14. The network device of claim 13, wherein the NPU comprises:
a memory, comprising:
a payload storage area, arranged to store payload data;
a header storage area, comprising:
a plurality of blocks, each arranged to store header data;
a transmit (TX) ring buffer, arranged to store a plurality of packet descriptors, each comprising:
a header address field, arranged to store an address of the payload storage area; and
a payload address field, arranged to store an address of one of the blocks allocated in the header storage area; and
an upstream processing circuit, arranged to obtain a packet descriptor from the TX ring buffer, and generate a data packet by setting the packet descriptor.
15. The network device of claim 14, wherein each of the plurality of packet descriptors further comprises:
a TX message field, arranged to indicate that a user datagram protocol (UDP) checksum is generated by hardware;
wherein the hardware acceleration circuit is further arranged to update a UDP checksum of the data packet after receiving the data packet.

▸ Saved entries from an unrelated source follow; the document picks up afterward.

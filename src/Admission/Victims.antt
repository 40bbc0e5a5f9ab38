-- ===== src/Admission/Victims.antt =====
-- Which instances `pick_victims_from_accounting` evicts, and when it fails.
use llamesh.Prelude.{
  ℕ, zero, suc, ◌≤◌, ◌<◌, ◌≡◌, refl, ap, ◌∙◌, inl, inr, true, false, ◌&&◌, Option, none, some, List,
  [], ◌∷◌, String, arith, length, count_by, eqb, Bool-cases, if◌then◌else◌,
}
use llamesh.Prelude.Eq.{string_key, ◌==◌}
use llamesh.Prelude.Dict.{Dict}
use llamesh.Admission.Sort.{Candidate, IsSorted, sort-IsSorted, count-sort}
use llamesh.Admission.Account.{Instance, ResourceAccounting}
use llamesh.Admission.{
  Limits, Load, NodeError, max_instances_node, insufficient_resources, Result, ok, err, memory_fits,
  fits, credit, idle_candidates, evict_until, prepend, shortfall, current_load, candidates,
  pick_victims,
}

-- The load once the first candidates are gone, and their ids.
abbrev pub freed : ℕ → Load → List Candidate → Load
freed zero load cs = load
freed (suc n) load [] = load
freed (suc n) load (c ∷ cs) = freed n (credit load c) cs

abbrev pub first_ids : ℕ → List Candidate → List String
first_ids zero cs = []
first_ids (suc n) [] = []
first_ids (suc n) (c ∷ cs) = c.id ∷ first_ids n cs

module _ (limits : Limits) (required : ℕ × ℕ) where
  -- The victims are the first candidates, enough of them, and with fewer the spawn did not fit.
  pub record Picks (load : Load) (cs : List Candidate) (victims : List String) : Type 0 where
    pub number : ℕ
    pub at_most : number ≤ length cs
    pub first : victims ≡ first_ids number cs
    pub enough : fits limits required (freed number load cs) ≡ true
    pub needed : (m : ℕ) → m < number → fits limits required (freed m load cs) ≡ false

  -- With any number of the candidates gone the spawn does not fit; the error says whether, with
  -- all of them gone, the memory would.
  pub record Fails (load : Load) (cs : List Candidate) (e : NodeError) : Type 0 where
    pub none_fits : (m : ℕ) → m ≤ length cs → fits limits required (freed m load cs) ≡ false
    pub reason : e ≡ (
        if memory_fits limits required (freed (length cs) load cs)
        then max_instances_node
        else insufficient_resources)

  abbrev pub Outcome : Load → List Candidate → Result (List String) → Type 0
  Outcome load cs (ok victims) = Picks load cs victims
  Outcome load cs (err e) = Fails load cs e

  abbrev NoneFits : Load → List Candidate → Type 0
  NoneFits load cs = (m : ℕ) → m ≤ length cs → fits limits required (freed m load cs) ≡ false

  abbrev Evicts : Load → List Candidate → Load × Option (List String) → Type 0
  Evicts load cs (left, some ids) = Picks load cs ids
  Evicts load cs (left, none) = (left ≡ freed (length cs) load cs) × NoneFits load cs

  Picks-one :
      (load : Load) (c : Candidate) (cs : List Candidate)
      → fits limits required load ≡ false
      → fits limits required (credit load c) ≡ true
      → Picks load (c ∷ cs) (c.id ∷ [])
  Picks-one load c cs short fit = record {
    number = 1;
    at_most = omega arith;
    first = refl;
    enough = fit;
    needed = before;
  }
    where
      before : (m : ℕ) → m < 1 → fits limits required (freed m load (c ∷ cs)) ≡ false
      before zero h = short
      before (suc m) h = absurd (omega arith)

  Evicts-more :
      (load : Load) (c : Candidate) (cs : List Candidate) (r : Load × Option (List String))
      → fits limits required load ≡ false
      → Evicts (credit load c) cs r
      → Evicts load (c ∷ cs) (r.0, prepend c.id r.1)
  Evicts-more load c cs (left, some ids) short p = record {
    number = suc p.number;
    at_most = omega (arith, p.at_most);
    first = ap (◌∷◌ c.id) p.first;
    enough = p.enough;
    needed = before;
  }
    where
      before : (m : ℕ) → m < suc p.number → fits limits required (freed m load (c ∷ cs)) ≡ false
      before zero h = short
      before (suc m) h = p.needed m (omega arith)
  Evicts-more load c cs (left, none) short p = (p.0, before)
    where
      before : NoneFits load (c ∷ cs)
      before zero h = short
      before (suc m) h = p.1 m (omega arith)

  evict_until-Evicts :
      (load : Load) (cs : List Candidate)
      → fits limits required load ≡ false
      → Evicts load cs (evict_until limits required load cs)
  unfolding evict_until
  evict_until-Evicts load [] short = (refl, none_left)
    where
      none_left : NoneFits load []
      none_left zero h = short
      none_left (suc m) h = absurd (omega arith)
  evict_until-Evicts load (c ∷ cs) short =
      elim (Bool-cases (fits limits required (credit load c))) [
        | inl fit ↦ simp fit (Picks-one load c cs short fit)
        | inr short' ↦ simp short' (
            Evicts-more load c cs (evict_until limits required (credit load c) cs) short
              (evict_until-Evicts (credit load c) cs short'))
      ]

  shortfall-Outcome :
      (load : Load) (cs : List Candidate) (r : Load × Option (List String))
      → Evicts load cs r
      → Outcome load cs (shortfall limits required r)
  shortfall-Outcome load cs (left, some ids) p = p
  shortfall-Outcome load cs (left, none) p = elim (Bool-cases (memory_fits limits required left)) [
    | inl room ↦ simp room (fails max_instances_node (ground arith))
    | inr full ↦ simp full (fails insufficient_resources (ground arith))
  ]
    where
      fails :
          (e : NodeError)
          → e ≡ (
              if memory_fits limits required (freed (length cs) load cs)
              then max_instances_node
              else insufficient_resources)
          → Fails load cs e
      fails e why = record { none_fits = p.1; reason = why }

  pub pick_victims-Picks :
      (accounting : ResourceAccounting) (instances : List Instance)
      → Outcome
          (current_load accounting instances)
          (candidates accounting instances)
          (pick_victims limits accounting instances required)
  unfolding pick_victims
  pick_victims-Picks accounting instances =
      elim (Bool-cases (fits limits required (current_load accounting instances))) [
        | inl fit ↦ simp fit (fits_already fit)
        | inr short ↦ simp short (
            shortfall-Outcome load cs (evict_until limits required load cs)
              (evict_until-Evicts load cs short))
      ]
    where
      load : Load
      load = current_load accounting instances

      cs : List Candidate
      cs = candidates accounting instances

      fits_already : fits limits required load ≡ true → Picks load cs []
      fits_already fit = record {
        number = 0;
        at_most = omega arith;
        first = refl;
        enough = fit;
        needed = λ m h. absurd (omega arith);
      }

count-idle :
    (memory : Dict String (ℕ × ℕ)) (instances : List Instance) (id : String) (t : ℕ)
    → count_by (λ c. c.id == id && eqb c.last_activity t) (idle_candidates memory instances)
      ≡ count_by
          (λ i. (i.id == id && eqb i.last_activity t) && eqb i.in_flight_requests 0)
          instances
unfolding idle_candidates
count-idle memory [] id t = refl
count-idle memory (i ∷ instances) id t = ground (arith, count-idle memory instances id t)

-- The candidates are sorted with the least recently used first, and are the idle instances: each
-- id with each time of last activity occurs as often among them as among the instances with no
-- request in flight.
pub candidates_lem :
    (accounting : ResourceAccounting) (instances : List Instance) (id : String) (t : ℕ)
    → IsSorted (candidates accounting instances)
      × (count_by (λ c. c.id == id && eqb c.last_activity t) (candidates accounting instances)
          ≡ count_by
              (λ i. (i.id == id && eqb i.last_activity t) && eqb i.in_flight_requests 0)
              instances)
candidates_lem accounting instances id t = (
  sort-IsSorted _,
  count-sort _ (idle_candidates accounting.instance_memory instances)
      ∙ count-idle accounting.instance_memory instances id t,
)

16. The network device of claim 1, wherein the network device is an optical network unit (ONU).
17. A network speed test method comprising:
executing, by a central processing unit (CPU), program codes to deal with a control function of a network speed test; and
performing, by a hardware acceleration circuit and a network processing unit (NPU), transmission of data packets used for the network speed test, without intervention of the CPU, wherein the hardware acceleration circuit provides hardware-accelerated packet forwarding, and the NPU interacts with the control function performed by the CPU, and deals with processing of the data packets used for the network speed test.
18. The network speed test method of claim 17, wherein the network speed test is a user datagram protocol (UDP) speed test.
19. The network speed test method of claim 18, wherein the UDP speed test complies with a TR-471 speed test protocol.
20. The network speed test method of claim 17, wherein the network speed test method is employed by an optical network unit (ONU).